High I-squared values are one of the most common problems researchers face when synthesizing evidence. A standard forest plot tells you that heterogeneity is present but not which specific studies are driving it or whether those studies are also distorting your pooled estimate. That is where the Galbraith plot and the Baujat plot become essential.
These two diagnostic plots are available as dedicated tabs inside our free build a forest plot. This guide explains exactly what each plot shows, how to read the output, and how to use the findings to make defensible decisions about your meta-analysis model.
Why Standard Forest Plots Miss the Source of Heterogeneity
A forest plot orders studies vertically and shows each one's confidence interval relative to the null. You can visually detect heterogeneity when the squares are spread widely, but the plot does not distinguish between two fundamentally different situations.
In the first situation, a small number of outlier studies sit far from the rest while the majority of studies cluster tightly. Removing or down-weighting these outliers would substantially reduce I-squared without changing the direction of your overall conclusion.
In the second situation, heterogeneity is diffuse and no single study is responsible. Here, subgroup analysis or meta-regression is the appropriate next step because there is no outlier to remove.
Acting on the wrong diagnosis wastes time and introduces bias. The Galbraith and Baujat plots give you the evidence to distinguish between these two situations before you decide how to proceed.
The Galbraith Plot (Radial Plot): Detecting Outliers by Precision
The Galbraith plot, also called a radial plot after its creator Robert Galbraith, was developed specifically to visualize heterogeneity in a way that separates imprecise studies from true outliers.
How it is constructed. Each study is plotted as a single point. The x-axis is the reciprocal of the study's standard error (1/SE), which represents precision: studies with larger samples and smaller standard errors appear further to the right. The y-axis is the study's z-score divided by its standard error (the standardized effect). A regression line is drawn through the origin with a slope equal to the pooled effect estimate. Two outer lines parallel to this regression line mark the boundaries at plus and minus two standard deviations.
What the position means. Studies that fall within the two outer lines are consistent with the pooled estimate. Studies that fall outside these lines are statistical outliers. Critically, because the x-axis encodes precision, you can immediately see whether the outliers are small imprecise studies (clustered near the origin) or large precise studies (far to the right). A large, precise study that is an outlier is far more concerning than a small imprecise one, because it carries more weight in the pooled estimate.

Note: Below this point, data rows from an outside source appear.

-- ===== src/Mutation/Patch.antt =====
-- The pure half of `anime-mutation.helpers.ts`: the patch of each gesture and the local row update.
--
-- Watched chapters are counted in halves, `totalcap` in whole chapters. `Math.max(0, n - k)` is the
-- truncated subtraction of the natural numbers.
use autoreas_mobile.Prelude.{
  ℕ, ◌+◌, ◌-◌, ◌*◌, String, Bool, true, false, ◌&&◌, Option, none, some, List, [], ◌∷◌, ◌++◌, ltb,
  leb, nat_eq, if◌then◌else◌, get_or,
}
use autoreas_mobile.Database.{Anime, Value, num}

-- `AnimeMutationSyncPatch`: an absent key is `none`.
pub record AnimeMutationSyncPatch : Type 0 where
  pub episodes_watched : Option ℕ
  pub last_watched_at : Option ℕ
  pub status : Option ℕ
  pub premiered_at : Option ℕ
  pub first_cycle : Option Bool

-- `totalcap != null && totalcap > 0 && test(totalcap)`, with the total in halves.
abbrev pub total_meets : (ℕ → Bool) → Option ℕ → Bool
total_meets test none = false
total_meets test (some total) = ltb 0 total && test (2 * total)

abbrev pub when : {A : Type 0} → Bool → A → Option A
when true a = some a
when false a = none

-- `buildCapPlusPatch`
unfoldable pub build_cap_plus_patch : Anime → ℕ → AnimeMutationSyncPatch
build_cap_plus_patch anime now =
    let new_cap = anime.nrocapvisto + 2 in
    let is_finished = total_meets (λ total. nat_eq new_cap total) anime.totalcap in
    record {
      episodes_watched = some new_cap;
      last_watched_at = some now;
      status = when is_finished 1;
      premiered_at = when (nat_eq anime.primeravez 1) now;
      first_cycle = when (nat_eq anime.primeravez 1) false;
    }

-- The rule by which both decrements reopen a finished anime.
abbrev pub should_reopen : Anime → Bool
should_reopen anime =
    nat_eq anime.estado 1 && total_meets (λ total. nat_eq anime.nrocapvisto total) anime.totalcap

-- `buildCapMinusPatch`
unfoldable pub build_cap_minus_patch : Anime → ℕ → AnimeMutationSyncPatch
build_cap_minus_patch anime now = record {
  episodes_watched = some (anime.nrocapvisto - 2);
  last_watched_at = some now;
  status = when (should_reopen anime) 0;
  premiered_at = none;
  first_cycle = none;
}

-- `buildSetEstadoPatch`
unfoldable pub build_set_estado_patch : ℕ → AnimeMutationSyncPatch
build_set_estado_patch estado = record {
  episodes_watched = none;
  last_watched_at = none;
  status = some estado;
  premiered_at = none;
  first_cycle = none;
}

abbrev doubled : Option ℕ → ℕ
doubled none = 0
doubled (some total) = 2 * total

-- `buildCapPlusHalfPatch`
unfoldable pub build_cap_plus_half_patch : Anime → ℕ → AnimeMutationSyncPatch
build_cap_plus_half_patch anime now =
    let new_cap = anime.nrocapvisto + 1 in
    let is_finished = total_meets (λ total. leb total new_cap) anime.totalcap in
    record {
      episodes_watched = some (if is_finished then doubled anime.totalcap else new_cap);
      last_watched_at = some now;
      status = when is_finished 1;
      premiered_at = none;
      first_cycle = none;
    }

-- `buildCapMinusHalfPatch`
unfoldable pub build_cap_minus_half_patch : Anime → ℕ → AnimeMutationSyncPatch
build_cap_minus_half_patch anime now = record {
  episodes_watched = some (anime.nrocapvisto - 1);
  last_watched_at = some now;
  status = when (should_reopen anime) 0;
  premiered_at = none;
  first_cycle = none;
}

-- The result of `toLocalAnimeUpdate`.
pub record AnimeLocalUpdate : Type 0 where
  pub nrocapvisto : Option ℕ
  pub fecha_ult_cap_visto : Option ℕ
  pub estado : Option ℕ
  pub fecha_estreno : Option ℕ
  pub primeravez : Option ℕ

abbrev flag : Option Bool → Option ℕ
flag none = none
flag (some true) = some 1
flag (some false) = some 0

-- `toLocalAnimeUpdate`
unfoldable pub to_local_anime_update : AnimeMutationSyncPatch → AnimeLocalUpdate
to_local_anime_update patch = record {
  nrocapvisto = patch.episodes_watched;
  fecha_ult_cap_visto = patch.last_watched_at;
  estado = patch.status;
  fecha_estreno = patch.premiered_at;
  primeravez = flag patch.first_cycle;
}

abbrev pub assignment : String → Option ℕ → List (String × Value)
assignment column none = []
assignment column (some n) = (column, num n) ∷ []

-- The SET list of `buildAnimeUpdateSql` and the values bound to it, by `UPDATE_COLUMN_BY_FIELD`.
unfoldable pub update_assignments : AnimeLocalUpdate → List (String × Value)
update_assignments update =
    assignment "nrocapvisto" update.nrocapvisto
    ++ (assignment "fechaUltCapVisto" update.fecha_ult_cap_visto
        ++ (assignment "estado" update.estado
            ++ (assignment "fechaEstreno" update.fecha_estreno
                ++ assignment "primeravez" update.primeravez)))

-- The two values that a card draws (`AnimeMutationProjectionFields`), and what `useMutateAnime` says
-- that a patch will make of them.
pub record AnimeMutationProjectionFields : Type 0 where
  pub nrocapvisto : ℕ
  pub estado : ℕ

unfoldable pub projected_fields : AnimeMutationSyncPatch → Anime → AnimeMutationProjectionFields
unfolding to_local_anime_update
projected_fields patch base =
    let projected = to_local_anime_update patch in
    record {
      nrocapvisto = get_or projected.nrocapvisto base.nrocapvisto;
      estado = get_or projected.estado base.estado;
    }
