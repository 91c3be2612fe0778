-- ===== src/Mutation/Chapters.antt =====
-- What the chapter gestures of `anime-mutation.helpers.ts` do to the chapters and the state that a
-- card draws.
use autoreas_mobile.Prelude.{ℕ, ◌+◌, ◌*◌, ◌≤◌, ◌<◌, ◌≡◌, ◌↔◌, none, some, arith}
use autoreas_mobile.Database.{Anime}
use autoreas_mobile.Mutation.Patch.{
  AnimeMutationSyncPatch, build_cap_plus_patch, build_cap_minus_patch, build_cap_plus_half_patch,
  projected_fields,
}

-- The anime that a card shows once a patch has landed.
abbrev pub after : AnimeMutationSyncPatch → Anime → Anime
after patch anime = record anime {
  nrocapvisto = (projected_fields patch anime).nrocapvisto;
  estado = (projected_fields patch anime).estado;
}

module _ (anime : Anime) (now later : ℕ) where
  abbrev shown_after_cap_plus : Anime
  shown_after_cap_plus = after (build_cap_plus_patch anime now) anime

  -- Cap+ then Cap- shows the chapters that it began with, and an anime that was being watched
  -- (`estado` 0) as being watched, also where the Cap+ finished it.
  pub cap_plus-cap_minus :
      anime.estado ≡ 0
      → let back = after (build_cap_minus_patch shown_after_cap_plus later) shown_after_cap_plus in
        (back.nrocapvisto ≡ anime.nrocapvisto) × (back.estado ≡ 0)
  unfolding build_cap_minus_patch build_cap_plus_patch projected_fields
  cap_plus-cap_minus watching = (omega arith, ground arith)

  module _ (total : ℕ) (known : anime.totalcap ≡ some total) (positive : 0 < total) where
    -- Where the total is known and positive, Cap+ finishes the anime exactly when it reaches the
    -- total, and the half step exactly when it reaches or passes it; the half step never shows more
    -- than the total.
    pub cap_plus_finishes :
        (((build_cap_plus_patch anime now).status ≡ some 1) ↔ (anime.nrocapvisto + 2 ≡ 2 * total))
        × (((build_cap_plus_half_patch anime now).status ≡ some 1)
            ↔ (2 * total ≤ anime.nrocapvisto + 1))
        × ((after (build_cap_plus_half_patch anime now) anime).nrocapvisto ≤ 2 * total)
    unfolding build_cap_plus_patch build_cap_plus_half_patch projected_fields
    cap_plus_finishes = (
      (λ h. ground arith, λ h. ground arith),
      (λ h. ground arith, λ h. ground arith),
      ground arith,
    )

    -- From half a chapter below the total Cap+ shows half a chapter more than the total and does not
    -- finish the anime.
    pub cap_plus_overshoots :
        anime.nrocapvisto + 1 ≡ 2 * total
        → ((after (build_cap_plus_patch anime now) anime).nrocapvisto ≡ 2 * total + 1)
          × ((build_cap_plus_patch anime now).status ≡ none)
    unfolding build_cap_plus_patch projected_fields
    cap_plus_overshoots below = (omega arith, ground arith)
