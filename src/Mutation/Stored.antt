-- ===== src/Mutation/Stored.antt =====
-- The row that the UPDATE of a patch leaves, column by column (`buildAnimeUpdateSql` and
-- `toLocalAnimeUpdate` of `anime-mutation.helpers.ts`).
use autoreas_mobile.Prelude.{
  ℕ, String, ◌≡◌, refl, ap, ◌∙◌, Bool, true, false, Option, none, some, [], ◌∷◌, contains, arith,
}
use autoreas_mobile.Database.{AnimeRow, Value, num}
use autoreas_mobile.Database.Tables.{set_columns, column, or_cell}
use autoreas_mobile.Mutation.Patch.{
  AnimeMutationSyncPatch, to_local_anime_update, update_assignments,
}

-- The row that a patch leaves.
abbrev pub patched_row : AnimeMutationSyncPatch → AnimeRow → AnimeRow
patched_row patch row = set_columns (update_assignments (to_local_anime_update patch)) row

-- A value that a patch gives, or the value that the column has.
abbrev given_or : Option ℕ → Value → Value
given_or none stored = stored
given_or (some n) stored = num n

abbrev one_or_zero : Option Bool → Option ℕ
one_or_zero none = none
one_or_zero (some true) = some 1
one_or_zero (some false) = some 0

-- The row after a patch, column by column.
pub HoldsPatch : AnimeMutationSyncPatch → AnimeRow → AnimeRow → Type 0
HoldsPatch patch row after =
    (after.cell "nrocapvisto" ≡ given_or patch.episodes_watched (row.cell "nrocapvisto"))
    × (after.cell "fechaUltCapVisto" ≡ given_or patch.last_watched_at (row.cell "fechaUltCapVisto"))
    × (after.cell "estado" ≡ given_or patch.status (row.cell "estado"))
    × (after.cell "fechaEstreno" ≡ given_or patch.premiered_at (row.cell "fechaEstreno"))
    × (after.cell "primeravez" ≡ given_or (one_or_zero patch.first_cycle) (row.cell "primeravez"))
    × ((k : String)
        → contains
            ("nrocapvisto" ∷ "fechaUltCapVisto" ∷ "estado" ∷ "fechaEstreno" ∷ "primeravez" ∷ []) k
          ≡ false
        → after.cell k ≡ row.cell k)
    × (after.last_applied_change_ms ≡ row.last_applied_change_ms)
    × (after.bridge_modified_at ≡ row.bridge_modified_at)

module _ (nrocapvisto fecha_ult_cap_visto estado fecha_estreno primeravez : Option ℕ)
    (cell : String → Value) where
  abbrev updated : String → Value
  updated k =
      or_cell
        (column
          (update_assignments (record {
            nrocapvisto = nrocapvisto;
            fecha_ult_cap_visto = fecha_ult_cap_visto;
            estado = estado;
            fecha_estreno = fecha_estreno;
            primeravez = primeravez;
          }))
          k)
        (cell k)

  updated_columns :
      (updated "nrocapvisto" ≡ given_or nrocapvisto (cell "nrocapvisto"))
      × (updated "fechaUltCapVisto" ≡ given_or fecha_ult_cap_visto (cell "fechaUltCapVisto"))
      × (updated "estado" ≡ given_or estado (cell "estado"))
      × (updated "fechaEstreno" ≡ given_or fecha_estreno (cell "fechaEstreno"))
      × (updated "primeravez" ≡ given_or primeravez (cell "primeravez"))
  unfolding update_assignments column
  updated_columns = (ground arith, ground arith, ground arith, ground arith, ground arith)

  other_columns :
      (k : String)
      → contains
          ("nrocapvisto" ∷ "fechaUltCapVisto" ∷ "estado" ∷ "fechaEstreno" ∷ "primeravez" ∷ [])
          k
        ≡ false
      → updated k ≡ cell k
  unfolding update_assignments column
  other_columns k other = ground arith

first_cycle_value :
    (patch : AnimeMutationSyncPatch)
    → (to_local_anime_update patch).primeravez ≡ one_or_zero patch.first_cycle
unfolding to_local_anime_update
first_cycle_value patch = ground arith

pub patched_row-HoldsPatch :
    (patch : AnimeMutationSyncPatch) (row : AnimeRow) → HoldsPatch patch row (patched_row patch row)
unfolding HoldsPatch to_local_anime_update set_columns
patched_row-HoldsPatch patch row =
    let first_cycle = (to_local_anime_update patch).primeravez in
    let columns =
      updated_columns patch.episodes_watched patch.last_watched_at patch.status patch.premiered_at
        first_cycle row.cell in
    (
      columns.0,
      columns.1,
      columns.2,
      columns.3,
      columns.4 ∙ ap (λ o. given_or o (row.cell "primeravez")) (first_cycle_value patch),
      other_columns patch.episodes_watched patch.last_watched_at patch.status patch.premiered_at
          first_cycle row.cell,
      refl,
      refl,
    )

A worked interpretation example. Suppose your meta-analysis has I-squared of 72% and 14 studies. You open the Galbraith plot and see that 12 studies cluster tightly near the regression line while 2 studies sit outside the upper boundary, both positioned at mid-range precision. This pattern suggests localized heterogeneity. You examine those 2 studies in detail, find they used a different comparator intervention, and run a subgroup analysis separating them from the rest. I-squared in the main subgroup drops to 18%.
Common misreading to avoid. Do not treat every point outside the boundary lines as a study to exclude. The two-SD boundary is a statistical flag, not a clinical judgment. Always examine why a study is an outlier before deciding how to handle it.